The old science fiction also seems to be surprisingly pessimistic. Humanity dies, or kills itself. The perfect tool turns on its owner. Or, my favorite story from The Martian Chronicles, included in this anthology: a creepy picture of the perfect life revealed as a trap. Were early science fiction writers actually critical of the whole technological enterprise, or at least of the ability of humanity to avoid taking the short-sighted road towards disaster? Or are short stories just more poignant when the surprise is negative? A positive surprise is a deus ex machina—my friends showed up just in time to rescue me from certain death!—but a negative surprise is a poignant warning about complacency of assumptions? O'Henry stories, for example, tend to have a certain negative ambiguity, including his most famous, The Gift of the Magi, although in his case much of the time the protagonist on which the tables are turned is a criminal or somewhat arrogant.

My favorite story in the collection is Mimsy Were the Borogroves, because I like the mystical aspect: there exists something larger out there, and we are salmon in the stream who have not found the path to the sea. Christianity, and possibly other of the great religions—I have limited experience—offer a path to friendship with an infinite God, albeit often buried under a bunch of rules.
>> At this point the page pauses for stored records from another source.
-- ===== src/Handshake/Exchange.antt =====
-- The two programs against each other: what one sends is what the other receives.
use client_server_signaling.Base.{
  ℕ, ◌<◌, ◌^◌, ◌%◌, ◌≡◌, ◌≢◌, refl, Text, Bool, true, false, some, List, [], ◌∷◌, ◌++◌, map,
  minus_one, int_eq, lt→ltb, length, All, All-append, pos,
}
use client_server_signaling.Fault.{ok}
use client_server_signaling.Wire.{c_string}
use client_server_signaling.Wire.Words.{HasNoNul, c_string-HasNoNul, read_buffer_fits}
use client_server_signaling.Client.Listener.{Peer}
use client_server_signaling.Client.Requests.{decimal}
use client_server_signaling.Handshake.{Event, sends, adds, says, remote_description}
use client_server_signaling.Handshake.Int32.{int_bytes, of_bytes-int_bytes}
use client_server_signaling.Handshake.Offerer
use client_server_signaling.Handshake.Answerer

-- All candidates in one piece, as TCP may deliver them.
abbrev pub merged : List Text → Text
merged [] = []
merged (c ∷ cs) = c ++ merged cs

merged-HasNoNul : (cs : List Text) → All HasNoNul cs → HasNoNul (merged cs)
merged-HasNoNul [] h = tt
merged-HasNoNul (c ∷ cs) h = All-append (λ b. b ≢ 0) c (merged cs) h.0 (merged-HasNoNul cs h.1)

sends_whole : (cs : List Text) → All HasNoNul cs → map (λ c. sends (c_string c)) cs ≡ map sends cs
sends_whole [] h = refl
sends_whole (c ∷ cs) h = rw (c_string-HasNoNul c h.0, sends_whole cs h.1)

-- A description text that the JSON library and the peer connection of the other side take.
pub record IsDescription (p : Peer) (size : ℕ) (text : Text) (e : Event) : Type 0 where
  pub no_nul : HasNoNul text
  pub fits : length text < size
  pub json : p.Json
  pub parses : p.parse text ≡ some json
  pub describes : remote_description p json ≡ some e

-- A candidate text that the other side's buffer holds and its library takes.
pub record IsCandidate (accepts : Text → Bool) (size : ℕ) (text : Text) : Type 0 where
  pub no_nul : HasNoNul text
  pub fits : length text < size
  pub accepted : accepts text ≡ true

-- The calls of both programs succeed, and each `recv` gives what the other program has sent: the
-- descriptions and the counts whole, the answerer's candidate, and all of the offerer's in one piece.
pub record Meet (accepts : Text → Bool) (o : Offerer.Env) (a : Answerer.Env) (ip : Text) (port : ℕ)
    (answer first : Text) (rest : List Text) : Type 0 where
  pub socket : Offerer.negative o.socket_result ≡ false
  pub bind : Offerer.negative o.bind_result ≡ false
  pub listen : Offerer.negative o.listen_result ≡ false
  pub accept : Offerer.negative o.accept_result ≡ false
  pub peer_socket : int_eq a.socket_result minus_one ≡ false
  pub inet_pton : a.inet_pton_ok ip ≡ true
  pub connect : a.connect_ok ip (port % 2 ^ 16) ≡ true
  pub ip_fits : length ip < Answerer.ip_size
  pub is_port : port < 2 ^ 31
  pub says_ok : o.says_ok ≡ true
  pub answer_sent : o.answer ≡ some answer
  pub answer_generated : a.generated ≡ some answer
  pub offer_sent : a.offer_bytes ≡ o.local_sdp
  pub own : a.candidates ≡ first ∷ rest
  pub counts : o.count_bytes ≡ int_bytes (length a.candidates)
  pub counts' : a.count_bytes ≡ int_bytes (length o.candidates)
  pub candidate_sent : o.candidate_bytes ≡ first
  pub candidates_sent : a.candidate_bytes ≡ merged o.candidates
  pub is_first : IsCandidate accepts Offerer.buffer_size first
  pub no_nuls : All HasNoNul o.candidates
  pub is_merged : IsCandidate accepts Answerer.buffer_size (merged o.candidates)
  pub countable : length o.candidates < 2 ^ 32
  pub countable' : length a.candidates < 2 ^ 32

module _ (p : Peer) (accepts : Text → Bool) (o : Offerer.Env) (a : Answerer.Env) (ip : Text)
    (port : ℕ) (answer first : Text) (rest : List Text) (offered answered : Event)
    (m : Meet accepts o a ip port answer first rest)
    (is_offer : IsDescription p Answerer.buffer_size o.local_sdp offered)
    (is_answer : IsDescription p Offerer.buffer_size answer answered) where
  take_answer_lem : Offerer.take_answer p accepts answer ≡ some (answered ∷ [])
  unfolding Offerer.take_answer
  take_answer_lem = rw (is_answer.parses, Offerer.take_answer, is_answer.describes)

  abbrev pub offerer_run : Offerer.Run
  offerer_run = record {
    events =
        sends o.local_sdp
        ∷ answered
        ∷ sends (int_bytes (length o.candidates))
        ∷ (map sends o.candidates ++ adds first ∷ says o.message ∷ []);
    remote_cand_count = length a.candidates;
    end = Offerer.finished;
  }

  from_count :
      Offerer.exchange_candidates p accepts o (sends o.local_sdp ∷ answered ∷ []) ≡ ok offerer_run
  unfolding Offerer.exchange_candidates
  from_count =
      rw
        (
          m.candidate_sent,
          Offerer.exchange_candidates,
          read_buffer_fits Offerer.buffer_size first m.is_first.no_nul m.is_first.fits,
          m.is_first.accepted,
          m.says_ok,
          sends_whole o.candidates m.no_nuls,
          m.counts,
          of_bytes-int_bytes (length a.candidates) m.countable',
        )
        refl

  from_answer_lem : Offerer.from_answer p accepts o answer ≡ ok offerer_run
  unfolding Offerer.from_answer
  from_answer_lem =
      rw (take_answer_lem, Offerer.from_answer, c_string-HasNoNul o.local_sdp is_offer.no_nul)
        from_count

  offerer-meets : Offerer.offerer p accepts o ≡ ok offerer_run
  unfolding Offerer.offerer Offerer.from_answer Offerer.exchange_candidates
  offerer-meets =
      rw
        (
          m.socket,
          Offerer.offerer,
          m.bind,
          m.listen,
          m.accept,
          m.answer_sent,
          read_buffer_fits Offerer.buffer_size answer is_answer.no_nul is_answer.fits,
        )
        from_answer_lem

  abbrev pub answerer_run : Answerer.Run
  answerer_run = record {
    events =
        offered
        ∷ sends answer
        ∷ adds (merged o.candidates)
        ∷ sends (int_bytes (length a.candidates))
        ∷ sends first
        ∷ [];
    remote_cand_count = length o.candidates;
    end = Answerer.finished;
  }

  answer_lem : Answerer.answer p accepts a offered answer ≡ ok answerer_run
  unfolding Answerer.answer
  answer_lem =
      rw
        (
          m.candidates_sent,
          Answerer.answer,
          read_buffer_fits Answerer.buffer_size (merged o.candidates) m.is_merged.no_nul
              m.is_merged.fits,
          m.is_merged.accepted,
          m.own,
          c_string-HasNoNul answer is_answer.no_nul,
          m.counts',
          of_bytes-int_bytes (length o.candidates) m.countable,
        )
        refl

  take_offer_lem : Answerer.take_offer p accepts a ≡ ok answerer_run
  unfolding Answerer.take_offer
  take_offer_lem =
      rw
        (
          m.offer_sent,
          Answerer.take_offer,
          read_buffer_fits Answerer.buffer_size o.local_sdp is_offer.no_nul is_offer.fits,
          is_offer.parses,
          is_offer.describes,
          m.answer_generated,
        )
        answer_lem

  answerer-meets : Answerer.answerer p accepts (ip ∷ decimal (pos port) ∷ []) a ≡ ok answerer_run
  unfolding Answerer.answerer
  answerer-meets =
      rw
        (
          Answerer.atoi-decimal port m.is_port,
          Answerer.answerer,
          lt→ltb _ _ m.ip_fits,
          m.peer_socket,
          m.inet_pton,
          m.connect,
        )
        take_offer_lem

  -- Where all calls succeed, the texts hold no NUL, fit the buffers and are taken by the
  -- libraries, each program receives what the other has sent, and the offerer's candidates arrive
  -- in one piece, both programs come to their end: each gives its peer connection the other's
  -- description and reads the other's number of candidates. The offerer adds the answerer's first
  -- candidate; the answerer adds all of the offerer's, run together, as one candidate.
  pub offerer-answerer :
      (Offerer.offerer p accepts o ≡ ok offerer_run)
      × (Answerer.answerer p accepts (ip ∷ decimal (pos port) ∷ []) a ≡ ok answerer_run)
  offerer-answerer = (offerer-meets, answerer-meets)
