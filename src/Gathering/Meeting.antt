-- ===== src/Gathering/Meeting.antt =====
-- The offerer and the answerer with the descriptions and candidates that they have gathered.
use client_server_signaling.Base.{
  map, ℕ, ◌<◌, ◌≡◌, sym, ap, subst, ◌∙◌, Text, Bool, true, Option, none, some, All-append,
  if◌then◌else◌, List, [], ◌∷◌, ◌++◌, length, All, pos,
}
use client_server_signaling.Fault.{ok}
use client_server_signaling.Wire.Words.{HasNoNul}
use client_server_signaling.Client.Listener.{Peer}
use client_server_signaling.Client.Requests.{decimal}
use client_server_signaling.Handshake.{sends, sets_remote, adds, says}
use client_server_signaling.Handshake.Int32.{int_bytes}
use client_server_signaling.Handshake.Offerer
use client_server_signaling.Handshake.Answerer
use client_server_signaling.Handshake.Exchange.{IsDescription, Meet, offerer-answerer, merged}
use client_server_signaling.Gathering.{JsonLaws, Notice, Local, no_notice, own_description, gather}
use client_server_signaling.Gathering.Described.{
  IsDocumented, completed, candidates_of, local_of, gather_lem, remote_description-own,
}

module _ {p : Peer} (laws : JsonLaws p) where
  -- A description that a program makes of a type and a text, that the other side's buffer holds
  -- and its library takes.
  pub record IsOwn (size : ℕ) (type sdp : Text) : Type 0 where
    pub no_nul : HasNoNul (own_description laws type sdp)
    pub fits : length (own_description laws type sdp) < size
    pub accepted : p.accepts sdp type ≡ true

  IsDescription-own :
      (size : ℕ) (type sdp : Text)
      → IsOwn size type sdp
      → IsDescription p size (own_description laws type sdp) (sets_remote sdp type)
  IsDescription-own size type sdp own = record {
    no_nul = own.no_nul;
    fits = own.fits;
    json = laws.object type sdp;
    parses = laws.parse-dump (laws.object type sdp);
    describes = remote_description-own laws type sdp own.accepted;
  }

  -- The calls of the callbacks up to the first `send` of the offerer, and from there to its count
  -- of the candidates.
  pub record Offers (o : Offerer.Env) (ns ms : List Notice) (type sdp : Text) : Type 0 where
    pub documented : All IsDocumented ns
    pub documented' : All IsDocumented ms
    pub complete : completed ns none ≡ some (type, sdp)
    pub before : Local
    pub after : Local
    pub at_send : gather laws ns no_notice ≡ ok before
    pub at_count : gather laws (ns ++ ms) no_notice ≡ ok after
    pub text : o.local_sdp ≡ before.sdp
    pub candidates : o.candidates ≡ after.candidates

  -- What `while(!sdp_generated)` leaves with.
  abbrev pub generated_of : Local → Option Text
  generated_of l = if l.generated then some l.sdp else none

  -- The calls of the callbacks until the answerer leaves `while(!sdp_generated)`, and from there to
  -- its count of the candidates.
  pub record Replies (a : Answerer.Env) (ns ms : List Notice) (type sdp : Text) : Type 0 where
    pub documented : All IsDocumented ns
    pub documented' : All IsDocumented ms
    pub complete : completed ns none ≡ some (type, sdp)
    pub before : Local
    pub after : Local
    pub at_send : gather laws ns no_notice ≡ ok before
    pub at_count : gather laws (ns ++ ms) no_notice ≡ ok after
    pub text : a.generated ≡ generated_of before
    pub candidates : a.candidates ≡ after.candidates

  gathered_text :
      (ns : List Notice) (type sdp : Text) (l : Local)
      → All IsDocumented ns
      → completed ns none ≡ some (type, sdp)
      → gather laws ns no_notice ≡ ok l
      → (l.sdp ≡ own_description laws type sdp) × (l.generated ≡ true)
  gathered_text ns type sdp l documented complete done =
      let found = gather_lem laws ns documented in
      let eq : l ≡ local_of laws (some (type, sdp)) (candidates_of ns) = cc in
      (ap (λ x. x.sdp) eq, ap (λ x. x.generated) eq)

  gathered_answer :
      (generated : Option Text) (l : Local) (answer text : Text)
      → generated ≡ some answer
      → generated ≡ generated_of l
      → l.sdp ≡ text
      → l.generated ≡ true
      → answer ≡ text
  gathered_answer generated l answer text h k t g =
      let eq : generated_of l ≡ some l.sdp = rw g in cc

  gathered_candidates :
      (ns ms : List Notice) (l : Local)
      → All IsDocumented ns
      → All IsDocumented ms
      → gather laws (ns ++ ms) no_notice ≡ ok l
      → l.candidates ≡ candidates_of (ns ++ ms)
  gathered_candidates ns ms l h k done =
      let found = gather_lem laws (ns ++ ms) (All-append IsDocumented ns ms h k) in
      let eq : l ≡ local_of laws (completed (ns ++ ms) none) (candidates_of (ns ++ ms)) = cc in
      ap (λ x. x.candidates) eq

  -- Where gathering is complete at the offerer before its first `send` and at the answerer before
  -- it leaves its loop, the calls and the transport are as in the exchange of the two programs, and
  -- each description holds no NUL, fits the other's buffer and is taken by the other's library:
  -- both programs come to their end, each gives its peer connection exactly the type and the text
  -- that the other's library has generated, and the offerer sends each of its candidates.
  pub offerer-answerer-gathered :
      (accepts : Text → Bool) (o : Offerer.Env) (a : Answerer.Env) (ip : Text) (port : ℕ)
      (answer first : Text) (rest : List Text) (ns ms ks js : List Notice)
      (type sdp type' sdp' : Text)
      → Offers o ns ms type sdp
      → Replies a ks js type' sdp'
      → IsOwn Answerer.buffer_size type sdp
      → IsOwn Offerer.buffer_size type' sdp'
      → Meet accepts o a ip port answer first rest
      → (Offerer.offerer p accepts o
          ≡ ok (record {
            events =
                sends (own_description laws type sdp)
                ∷ sets_remote sdp' type'
                ∷ sends (int_bytes (length (candidates_of (ns ++ ms))))
                ∷ (map sends (candidates_of (ns ++ ms)) ++ adds first ∷ says o.message ∷ []);
            remote_cand_count = length (candidates_of (ks ++ js));
            end = Offerer.finished;
          }))
        × (Answerer.answerer p accepts (ip ∷ decimal (pos port) ∷ []) a
            ≡ ok (record {
              events =
                  sets_remote sdp type
                  ∷ sends (own_description laws type' sdp')
                  ∷ adds (merged (candidates_of (ns ++ ms)))
                  ∷ sends (int_bytes (length (candidates_of (ks ++ js))))
                  ∷ sends first
                  ∷ [];
              remote_cand_count = length (candidates_of (ns ++ ms));
              end = Answerer.finished;
            }))
  offerer-answerer-gathered accepts o a ip port answer first rest ns ms ks js type sdp type' sdp'
        offers replies own own' m =
      let t =
        gathered_text ns type sdp offers.before offers.documented offers.complete offers.at_send in
      let t' =
        gathered_text ks type' sdp' replies.before replies.documented replies.complete
          replies.at_send in
      let cs =
        offers.candidates
        ∙ gathered_candidates ns ms offers.after offers.documented offers.documented'
            offers.at_count in
      let cs' =
        replies.candidates
        ∙ gathered_candidates ks js replies.after replies.documented replies.documented'
            replies.at_count in
      let text : o.local_sdp ≡ own_description laws type sdp = offers.text ∙ t.0 in
      let text' : answer ≡ own_description laws type' sdp' =
        gathered_answer a.generated replies.before answer (own_description laws type' sdp')
          m.answer_generated replies.text t'.0 t'.1 in
      let offer =
        subst (λ x. IsDescription p Answerer.buffer_size x (sets_remote sdp type)) (sym text)
          (IsDescription-own Answerer.buffer_size type sdp own) in
      let reply =
        subst (λ x. IsDescription p Offerer.buffer_size x (sets_remote sdp' type')) (sym text')
          (IsDescription-own Offerer.buffer_size type' sdp' own') in
      let ends =
        offerer-answerer p accepts o a ip port answer first rest (sets_remote sdp type)
          (sets_remote sdp' type') m offer reply in
      (ends.0 ∙ rw (text, cs, cs'), ends.1 ∙ rw (text', cs, cs'))
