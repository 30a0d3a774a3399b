-- ===== src/Handshake/Candidates.antt =====
-- Runs of src/answerer.cpp that have no candidate to send.
use client_server_signaling.Base.{
  ◌≡◌, ◌≢◌, subst, if_cases, inl, inr, Option-cases, Text, Bool, not, List, [], ◌∷◌, minus_one,
  int_eq,
}
use client_server_signaling.Fault.{>>=-cases, Result, ok, err, ◌>>=◌}
use client_server_signaling.Wire.{read_buffer, sprintf}
use client_server_signaling.Wire.Arguments.{htons}
use client_server_signaling.Client.Listener.{Peer}
use client_server_signaling.Handshake.{Event, remote_description}
use client_server_signaling.Handshake.Answerer.{
  buffer_size, ip_size, atoi, Env, Run, finished, or_throws, answer, take_offer, answerer,
}

abbrev Unfinished : Result Run → Type 0
Unfinished (ok r) = r.end ≢ finished
Unfinished (err f) = Unit

module _ (p : Peer) (accepts_candidate : Text → Bool) where
  Unfinished-bind {ℓ} :
      {A : Type ℓ} (m : Result A) (f : A → Result Run)
      → ((a : A) → Unfinished (f a))
      → Unfinished (m >>= f)
  Unfinished-bind m f h = >>=-cases Unfinished m f (λ why. tt) (λ a e. h a)

  answer-Unfinished :
      (env : Env) (remote : Event) (sdp : Text)
      → env.candidates ≡ []
      → Unfinished (answer p accepts_candidate env remote sdp)
  unfolding answer
  answer-Unfinished env remote sdp e =
      Unfinished-bind (read_buffer buffer_size env.candidate_bytes) _
        λ candidate. if_cases Unfinished (accepts_candidate candidate) _ _ (rw (answer, e) tt) tt

  take_offer-Unfinished :
      (env : Env) → env.candidates ≡ [] → Unfinished (take_offer p accepts_candidate env)
  unfolding take_offer
  take_offer-Unfinished env e = Unfinished-bind (read_buffer buffer_size env.offer_bytes) _ λ text.
      Unfinished-bind (or_throws (p.parse text)) _ λ j.
        Unfinished-bind (or_throws (remote_description p j)) _ λ remote.
          elim (Option-cases env.generated) [
            | inl q ↦ rw q (λ h. cc)
            | inr (sdp, q) ↦ rw q (answer-Unfinished env remote sdp e)
          ]

  answerer-Unfinished :
      (arguments : List Text) (env : Env)
      → env.candidates ≡ []
      → Unfinished (answerer p accepts_candidate arguments env)
  unfolding answerer
  answerer-Unfinished [] env e = tt
  answerer-Unfinished (ip ∷ []) env e = tt
  answerer-Unfinished (ip ∷ port ∷ arguments) env e = Unfinished-bind (atoi port) _ λ number.
      Unfinished-bind (sprintf ip_size ip) _ λ remote_ip.
        if_cases Unfinished (int_eq env.socket_result minus_one) _ _ (λ h. cc)
          (if_cases Unfinished (not (env.inet_pton_ok remote_ip)) _ _ (λ h. cc)
            (if_cases Unfinished (not (env.connect_ok remote_ip (htons number))) _ _ (λ h. cc)
              (take_offer-Unfinished env e)))

  -- An answerer that has no candidate when it counts them does not come to its end: it returns
  -- 1, waits for ever, or is ended by a fault, an exception among them.
  pub answerer-no_candidate :
      (arguments : List Text) (env : Env) (r : Run)
      → env.candidates ≡ []
      → answerer p accepts_candidate arguments env ≡ ok r
      → r.end ≢ finished
  answerer-no_candidate arguments env r e h =
      subst Unfinished h (answerer-Unfinished arguments env e)
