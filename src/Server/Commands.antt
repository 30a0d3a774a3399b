-- ===== src/Server/Commands.antt =====
-- The branches of `client_handler` for CLIENT, SIGNUP, LOGIN, LOGOUT and EXIT.
pub mod Replies
pub mod Accounts
pub mod Stores
pub mod Closing
pub mod Sockets
pub mod Address
use client_server_signaling.Base.{
  ℕ, Text, codes, Bool, true, false, Option, none, some, List, [], ◌∷◌, ◌++◌, if◌then◌else◌, ℤ, pos,
  negsuc, minus_one, int_eq,
}
use client_server_signaling.Fault.{Result, ok, err, ◌>>=◌}
use client_server_signaling.User.{user}
use client_server_signaling.UserStore.{UserStore, add_user, login_user, log_out_user}
use client_server_signaling.Wire.{
  socket_buffer_size, word_size, ip_size, literal, scan_word, store_word, scan_two, scan_int,
}
use client_server_signaling.Server.Session.{
  Session, Env, Action, connects, sends, Turn, goes_on, breaks,
}

-- The new `*client_socket_fd`, what is called, and the value returned.
unfoldable pub connect_to_client : Env → Text → ℤ → ℤ × List Action × ℤ
connect_to_client env ip port =
    let fd = env.socket_result in
    if int_eq fd minus_one
    then (fd, [], minus_one)
    else if env.inet_pton_ok ip
    then (fd, connects fd ip port ∷ [], if env.connect_ok then pos 0 else minus_one)
    else (fd, [], minus_one)

-- `sscanf(buffer, "CLIENT %s %d", client_ip_address, &client_port_int)`: what is not matched keeps
-- its value.
pub scan_client : Session → Text → Result Session
scan_client s text = elim (literal (codes "CLIENT") text) [
  | none ↦ ok s
  | some r ↦ elim (scan_word r) [
    | none ↦ ok s
    | some (w, r') ↦ do
      ip ← store_word ip_size w
      let t = record s { client_ip_address = ip }
      elim (scan_int r') [
        | none ↦ ok t
        | some number ↦ (do port ← number; ok (record t { client_port_int = port }))
      ]
  ]
]

abbrev pub hello : Text
hello = codes "Hello from new server\n"

connected : Session → UserStore → ℤ × List Action × ℤ → Turn
connected s users (fd, calls, rc) =
    let t = record s { client_socket_fd = fd } in
    if int_eq rc (pos 0)
    then record {
      session = t;
      users = users;
      actions = calls ++ sends fd hello socket_buffer_size ∷ [];
      flow = goes_on;
    }
    else record { session = t; users = users; actions = calls; flow = breaks }

unfoldable pub handle_client : Env → Session → UserStore → Text → Result Turn
unfolding connected
handle_client env s users text = do
  t ← scan_client s text
  ok (connected t users (connect_to_client env t.client_ip_address t.client_port_int))

abbrev pub signup_reply : Text
signup_reply = codes "Signup is successful\n"

abbrev pub login_reply : Text
login_reply = codes "Login is successful\n"

abbrev pub logout_reply : Text
logout_reply = codes "Logout is successful\n"

abbrev pub exit_reply : Text
exit_reply = codes "Exit is succesful\n"

abbrev pub replies : Session → UserStore → Text → Turn
replies s users message = record {
  session = s;
  users = users;
  actions = sends s.client_socket message socket_buffer_size ∷ [];
  flow = goes_on;
}

unfoldable pub handle_signup : Session → UserStore → Text → Result Turn
handle_signup s users text = do
  (name, password) ← scan_two (codes "SIGNUP") word_size text
  let t = record s { username = name; password = password }
  ok (replies t (add_user (user name password false s.client_socket_fd) users) signup_reply)

-- The result of `loginUser` is not looked at.
unfoldable pub handle_login : Session → UserStore → Text → Result Turn
handle_login s users text = do
  (name, password) ← scan_two (codes "LOGIN") word_size text
  let t = record s { username = name; password = password }
  ok (replies t (login_user name password users).0 login_reply)

-- The message is not read: the session's last name is logged out.
unfoldable pub handle_logout : Session → UserStore → Result Turn
handle_logout s users = ok (replies s (log_out_user s.username users) logout_reply)

-- `sizeof("EXIT")` is 5. Each path ends in `break`.
unfoldable pub handle_exit : Env → Session → UserStore → Result Turn
handle_exit env s users =
    let first = sends s.client_socket exit_reply socket_buffer_size in
    let second = sends s.client_socket_fd (codes "EXIT") 5 in
    ok (record {
      session = s;
      users = users;
      actions = first ∷ (if env.send_ok s.client_socket then second ∷ [] else []);
      flow = breaks;
    })
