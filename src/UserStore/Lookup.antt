-- ===== src/UserStore/Lookup.antt =====
-- What a lookup finds after each operation of the store.
use client_server_signaling.Base.{
  ◌≡◌, refl, arith, Text, text_eq, text_eq_iff, text_eq_refl, false, Option, none, some, [], ◌∷◌,
  if◌then◌else◌,
}
use client_server_signaling.User.{User, default_user, set_islogin}
use client_server_signaling.UserStore.{UserStore, find, modify, add_user, log_out_user}

-- `users[name]`: what is there, or `User()`.
abbrev pub or_default : Option User → User
or_default none = default_user
or_default (some u) = u

pub find-modify :
    (k j : Text) (f : User → User) (users : UserStore)
    → find j (modify k f users)
      ≡ (if text_eq k j then some (f (or_default (find k users))) else find j users)
unfolding find modify
find-modify k j f [] = refl
find-modify k j f ((i, u) ∷ users) = ground (
  arith,
  text_eq_iff k j,
  text_eq_iff i k,
  text_eq_iff i j,
  text_eq_refl k,
  find-modify k j f users,
)

pub find-modify_self :
    (k : Text) (f : User → User) (users : UserStore)
    → find k (modify k f users) ≡ some (f (or_default (find k users)))
find-modify_self k f users = rw (find-modify, text_eq_refl)

-- Two writes to one entry are one.
pub modify-modify :
    (k : Text) (f g : User → User) (users : UserStore)
    → modify k g (modify k f users) ≡ modify k (λ u. g (f u)) users
unfolding modify
modify-modify k f g [] = rw text_eq_refl
modify-modify k f g ((i, u) ∷ users) = ground (arith, modify-modify k f g users)

pub find-add_user :
    (u : User) (j : Text) (users : UserStore)
    → find j (add_user u users) ≡ (if text_eq u.username j then some u else find j users)
unfolding add_user
find-add_user u j users = simp (modify-modify, find-modify)

pub find-log_out_user :
    (k j : Text) (users : UserStore)
    → find j (log_out_user k users) ≡ (
        if text_eq k j
        then some (set_islogin (some false) (or_default (find k users)))
        else find j users)
unfolding log_out_user
find-log_out_user k j users = find-modify k j _ users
So I also like the stories that set Catholicism in the future (although as a story A Quest for Saint Alquin is not among my favorites of this collection), or make use of the Bible (A Rose for Ecclesiastes). My second favorite, however, is that creep Bradbury story about the idyllic American small town turning into a trap, even though I don’t like horror or anything close to it. The end is just so good, and also I first read it in its contact in the Chronicles, as the point where Martians start to fear Earth (even though this context may be illusory, since the stories may be independent, especially the earlier ones.

This is a great volume of early science fiction, and even the old ones from a different culture and technological / astronomical awareness are still good reads. It gives a nice broad overview of science fiction trends, pictures into older culture, and is just a fun read.